### Exercise brief
Transcribe, word for word, the line containing "w.drawn else w.drawn))" and each line following it through the end of the listing below. Omit all other lines.

Task input section start

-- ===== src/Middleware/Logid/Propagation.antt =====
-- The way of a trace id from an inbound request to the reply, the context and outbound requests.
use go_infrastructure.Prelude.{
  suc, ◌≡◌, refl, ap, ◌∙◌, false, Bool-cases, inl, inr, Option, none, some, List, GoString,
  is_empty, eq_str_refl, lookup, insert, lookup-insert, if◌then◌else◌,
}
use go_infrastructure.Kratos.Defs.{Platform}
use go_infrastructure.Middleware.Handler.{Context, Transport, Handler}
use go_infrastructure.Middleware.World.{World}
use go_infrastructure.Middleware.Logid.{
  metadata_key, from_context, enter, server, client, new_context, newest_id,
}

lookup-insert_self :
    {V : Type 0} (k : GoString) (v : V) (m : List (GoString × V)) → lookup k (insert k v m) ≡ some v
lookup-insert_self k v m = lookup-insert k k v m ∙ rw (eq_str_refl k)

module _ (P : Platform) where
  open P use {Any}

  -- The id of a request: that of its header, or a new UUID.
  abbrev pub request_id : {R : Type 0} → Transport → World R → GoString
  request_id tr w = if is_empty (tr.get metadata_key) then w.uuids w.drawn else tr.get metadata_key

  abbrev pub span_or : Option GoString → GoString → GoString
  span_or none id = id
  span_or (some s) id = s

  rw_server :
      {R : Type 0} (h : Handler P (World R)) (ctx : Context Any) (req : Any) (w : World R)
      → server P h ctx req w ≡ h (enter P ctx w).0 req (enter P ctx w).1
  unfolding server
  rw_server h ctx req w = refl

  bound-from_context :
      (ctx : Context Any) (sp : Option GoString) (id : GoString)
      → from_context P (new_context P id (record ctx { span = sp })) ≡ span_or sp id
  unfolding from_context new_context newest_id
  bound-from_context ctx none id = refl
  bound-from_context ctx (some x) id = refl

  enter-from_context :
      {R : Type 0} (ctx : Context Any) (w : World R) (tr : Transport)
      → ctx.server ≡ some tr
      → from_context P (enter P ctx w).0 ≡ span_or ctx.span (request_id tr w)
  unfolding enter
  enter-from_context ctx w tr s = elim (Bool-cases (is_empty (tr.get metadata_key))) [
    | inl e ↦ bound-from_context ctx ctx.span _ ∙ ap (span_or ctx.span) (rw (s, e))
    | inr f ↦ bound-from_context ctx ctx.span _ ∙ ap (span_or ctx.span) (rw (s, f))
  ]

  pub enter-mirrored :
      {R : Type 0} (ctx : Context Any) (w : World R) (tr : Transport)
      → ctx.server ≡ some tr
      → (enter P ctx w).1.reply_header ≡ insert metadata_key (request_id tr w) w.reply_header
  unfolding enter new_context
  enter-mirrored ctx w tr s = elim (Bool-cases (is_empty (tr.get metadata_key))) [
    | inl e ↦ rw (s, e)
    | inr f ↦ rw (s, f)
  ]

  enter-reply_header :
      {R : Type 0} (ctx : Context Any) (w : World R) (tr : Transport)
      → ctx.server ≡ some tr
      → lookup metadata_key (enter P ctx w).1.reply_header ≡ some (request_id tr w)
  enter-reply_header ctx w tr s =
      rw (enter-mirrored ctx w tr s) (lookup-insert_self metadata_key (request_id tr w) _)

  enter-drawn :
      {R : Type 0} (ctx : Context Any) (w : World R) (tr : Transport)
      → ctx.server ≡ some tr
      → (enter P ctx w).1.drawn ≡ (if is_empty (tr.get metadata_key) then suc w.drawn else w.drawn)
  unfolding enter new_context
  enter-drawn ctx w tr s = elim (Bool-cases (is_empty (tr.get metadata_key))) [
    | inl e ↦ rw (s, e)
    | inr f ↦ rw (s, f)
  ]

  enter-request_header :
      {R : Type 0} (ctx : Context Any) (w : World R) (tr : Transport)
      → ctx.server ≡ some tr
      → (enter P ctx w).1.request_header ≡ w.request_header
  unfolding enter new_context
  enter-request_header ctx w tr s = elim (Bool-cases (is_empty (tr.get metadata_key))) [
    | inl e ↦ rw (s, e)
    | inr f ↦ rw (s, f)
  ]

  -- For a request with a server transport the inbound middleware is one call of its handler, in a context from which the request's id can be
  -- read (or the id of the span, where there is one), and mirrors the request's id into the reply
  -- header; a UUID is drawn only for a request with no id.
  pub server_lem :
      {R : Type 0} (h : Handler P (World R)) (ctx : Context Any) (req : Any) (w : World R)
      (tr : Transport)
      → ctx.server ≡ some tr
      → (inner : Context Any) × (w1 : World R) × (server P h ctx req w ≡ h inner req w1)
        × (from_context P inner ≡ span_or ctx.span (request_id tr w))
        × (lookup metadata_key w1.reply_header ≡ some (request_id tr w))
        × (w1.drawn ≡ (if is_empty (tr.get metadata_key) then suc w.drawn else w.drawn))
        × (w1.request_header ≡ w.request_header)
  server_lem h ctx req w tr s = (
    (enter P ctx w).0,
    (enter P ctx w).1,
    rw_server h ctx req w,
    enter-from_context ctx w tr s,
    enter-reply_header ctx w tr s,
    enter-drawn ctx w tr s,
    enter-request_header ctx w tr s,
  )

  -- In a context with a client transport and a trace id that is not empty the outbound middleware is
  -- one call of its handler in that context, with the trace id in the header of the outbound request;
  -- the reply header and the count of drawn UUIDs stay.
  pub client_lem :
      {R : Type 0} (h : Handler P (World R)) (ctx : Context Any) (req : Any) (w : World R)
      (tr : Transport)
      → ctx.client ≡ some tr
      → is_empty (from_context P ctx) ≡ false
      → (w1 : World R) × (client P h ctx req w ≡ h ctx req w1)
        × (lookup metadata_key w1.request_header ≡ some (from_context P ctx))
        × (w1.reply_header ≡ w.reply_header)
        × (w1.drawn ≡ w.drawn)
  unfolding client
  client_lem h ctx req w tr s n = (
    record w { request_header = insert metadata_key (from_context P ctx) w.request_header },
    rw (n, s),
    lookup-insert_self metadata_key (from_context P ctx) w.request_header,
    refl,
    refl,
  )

Task input section end

### Response to the exercise
        × (w1.drawn ≡ (if is_empty (tr.get metadata_key) then suc w.drawn else w.drawn))
        × (w1.request_header ≡ w.request_header)
  server_lem h ctx req w tr s = (
    (enter P ctx w).0,
    (enter P ctx w).1,
    rw_server h ctx req w,
    enter-from_context ctx w tr s,
    enter-reply_header ctx w tr s,
    enter-drawn ctx w tr s,
    enter-request_header ctx w tr s,
  )

  -- In a context with a client transport and a trace id that is not empty the outbound middleware is
  -- one call of its handler in that context, with the trace id in the header of the outbound request;
  -- the reply header and the count of drawn UUIDs stay.
  pub client_lem :
      {R : Type 0} (h : Handler P (World R)) (ctx : Context Any) (req : Any) (w : World R)
      (tr : Transport)
      → ctx.client ≡ some tr
      → is_empty (from_context P ctx) ≡ false
      → (w1 : World R) × (client P h ctx req w ≡ h ctx req w1)
        × (lookup metadata_key w1.request_header ≡ some (from_context P ctx))
        × (w1.reply_header ≡ w.reply_header)
        × (w1.drawn ≡ w.drawn)
  unfolding client
  client_lem h ctx req w tr s n = (
    record w { request_header = insert metadata_key (from_context P ctx) w.request_header },
    rw (n, s),
    lookup-insert_self metadata_key (from_context P ctx) w.request_header,
    refl,
    refl,
  )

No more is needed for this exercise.